Privacy policy

PixelRetriever (“we”, “us”, “Pixel”) is a reverse-image-search service for photographers, operated by Wouter Vellekoop (wouter.studio), based in the Netherlands. For the purposes of the EU General Data Protection Regulation (GDPR), we are the data controller for the account data described below. You can reach us any time at hello@pixelretriever.com.

We keep our footprint deliberately small. We process:

• Account data — your email address, and authentication details handled by our auth provider. We use magic links and optional social sign-in (Google, Microsoft).
• Photo metadata — file names, paths, dimensions, dates and a 64-bit perceptual hash (pHash) of each photo. This is what lets Pixel recognise your image elsewhere without storing the image itself.
• Temporary previews — a downscaled copy (max 1024px) of a photo, created only when needed for a scan and to show you a thumbnail in your dashboard. Originals are deleted immediately after scanning.
• Connected-source tokens — the OAuth access/refresh tokens for the cloud you connect, stored encrypted (AES-256-GCM). We request read-only access and never modify, move or delete your files.
• Match results — the URLs, domains, titles and similarity scores Pixel finds across the web, and your review decisions on them.
• Billing data — handled by Paddle (see below). We never see or store your full card details.
• Operational data — basic logs and error reports to keep the service running and secure.

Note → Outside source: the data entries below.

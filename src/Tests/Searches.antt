-- ===== src/Tests/Searches.antt =====
-- The assistant's search of a conversation, and the users' login over HTTP.
use go_im_system.Prelude.{
  ℕ, ◌≤◌, ◌≡◌, refl, ◌⊎◌, List, [], ◌∷◌, none, some, ℤ, pos, true, false, length, All, In, ◌-◌,
}
use go_im_system.Text.{Text, codes}
use go_im_system.Logic.Messages.{Messages, new_messages}
use go_im_system.Logic.Users.{User}
use go_im_system.Agent.History.{
  result, limit_of, is_between, get_history_between_users, search_history_invoker, search_for,
  resolve_time,
}
use go_im_system.Agent.History.Newest.{Descending, history_lem}
use go_im_system.Agent.Engine.{get_assistant_from_events, streaming, whole}
use go_im_system.Gateway.UserApi.{call_error, status_of, user_login_handler}

abbrev row : ℕ → ℤ → ℤ → Text → ℕ → Messages
row id sender receiver content when =
    record (new_messages id sender receiver (pos 0) content false) { create_time = when }

abbrev older : Messages
older = row 1 (pos 7) (pos 8) (codes "the key?") 40

abbrev newer : Messages
newer = row 2 (pos 8) (pos 7) (codes "1234") 50

-- With one of a third user.
abbrev table : List Messages
table = older ∷ (row 3 (pos 9) (pos 7) (codes "hi") 45 ∷ (newer ∷ []))

found : get_history_between_users false (pos 7) (pos 8) 30 60 (pos 1) table ≡ some (newer ∷ [])
unfolding get_history_between_users
found = refl

history_lem_example :
    (length (newer ∷ []) ≤ 200)
    × Descending (newer ∷ [])
    × ((m : Messages)
        → In m (newer ∷ [])
        → In m table × (is_between (pos 7) (pos 8) 30 60 m ≡ true))
    × ((m : Messages)
        → In m table
        → is_between (pos 7) (pos 8) 30 60 m ≡ true
        → In m (newer ∷ [])
          ⊎ ((length (newer ∷ []) ≡ limit_of (pos 1))
              × All (λ n. m.create_time ≤ n.create_time) (newer ∷ [])))
history_lem_example = history_lem (pos 7) (pos 8) 30 60 (pos 1) table (newer ∷ []) found

abbrev friend : User
friend = record {
  user_id = pos 8;
  username = codes "bob";
  password = [];
  nickname = [];
  avatar = [];
}

-- A limit that is too high is lowered, and no time means the last week.
searched :
    search_history_invoker
      (λ t. none)
      60
      (λ n. n - 30)
      (λ n. n - 7)
      false
      []
      (record {
        target_user = codes "bob";
        start_time = [];
        end_time = codes "soon";
        keywords = [];
        limit = pos 300;
      })
      (some (pos 7))
      (some friend)
      (row 4 (pos 7) (pos 8) (codes "ok") 55 ∷ table)
    ≡ result (codes "以下是原始聊天记录，请根据用户的需求进行总结或提取:\n[你]: ok\n")
unfolding search_history_invoker search_for get_history_between_users resolve_time
searched = refl

wrong_password :
    status_of (
      user_login_handler {Token = Text}
        (λ key method args. call_error (codes "no"))
        (some (record { user_id = pos 0; user_name = codes "bob"; password = codes "x" })))
    ≡ 401
unfolding user_login_handler
wrong_password = refl

-- Empty frames and the messages of tools are left out.
answer_chunks :
    get_assistant_from_events (
      none
      ∷ (some (false, whole (some (codes "tool")))
          ∷ (some
                (true, streaming (some (codes "a") ∷ (none ∷ (some [] ∷ (some (codes "b") ∷ [])))))
              ∷ (some (true, whole (some (codes "c"))) ∷ []))))
    ≡ codes "a" ∷ (codes "b" ∷ (codes "c" ∷ []))
unfolding get_assistant_from_events
answer_chunks = refl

• We don’t permanently store your original photos.
• We don’t sell, rent or trade your personal data.
• We don’t use advertising or third-party tracking cookies.
• We don’t claim any ownership of, or rights to, your photographs.

• To provide the service (performance of a contract) — connecting your source, scanning, and showing you matches.
• To take payment (performance of a contract / legal obligation) — via Paddle.
• To keep things secure and improve reliability(legitimate interests) — logging, error monitoring, abuse prevention.
• To send you the newsletter (consent) — only if you opt in, and you can unsubscribe at any time.

We rely on a small set of trusted providers to run PixelRetriever. Each processes data only on our instructions:

• Supabase — database and authentication.
• Vercel — hosting (EU region).
• Cloudflare R2 — temporary preview storage during scans.
• SerpApi — performs the reverse image search (Google Lens) on the temporary preview.
• Paddle — payments and subscription billing (merchant of record).
• Resend — transactional and notification email.
• Sentry — error and performance monitoring.
• Google, Microsoft, Dropbox — only the cloud you choose to connect, for read-only access to the folder you pick.

Some of these providers may process data outside the EU. Where that happens, we rely on appropriate safeguards such as the EU Standard Contractual Clauses.

We keep your account data and match history for as long as your account is active. Temporary previews are deleted right after a scan. When you delete your account, we erase your account, photos, hashes, matches and connected-source tokens. Some records (e.g. invoices held by Paddle) may be retained where the law requires it.

Under the GDPR you can access, correct, export or delete your data, and object to or restrict certain processing. You can delete your account and everything tied to it yourself from Settings → Danger zone, or email us and we’ll handle it. You also have the right to complain to your local data protection authority (in the Netherlands, the Autoriteit Persoonsgegevens).

Source tokens are encrypted at rest with AES-256-GCM. We request read-only scopes, use signed OAuth state to prevent CSRF, and keep your original images out of our systems by design. No system is perfectly secure, but minimising what we hold is our first line of defence.

If we make material changes to this policy, we’ll update the date above and, where appropriate, let you know by email.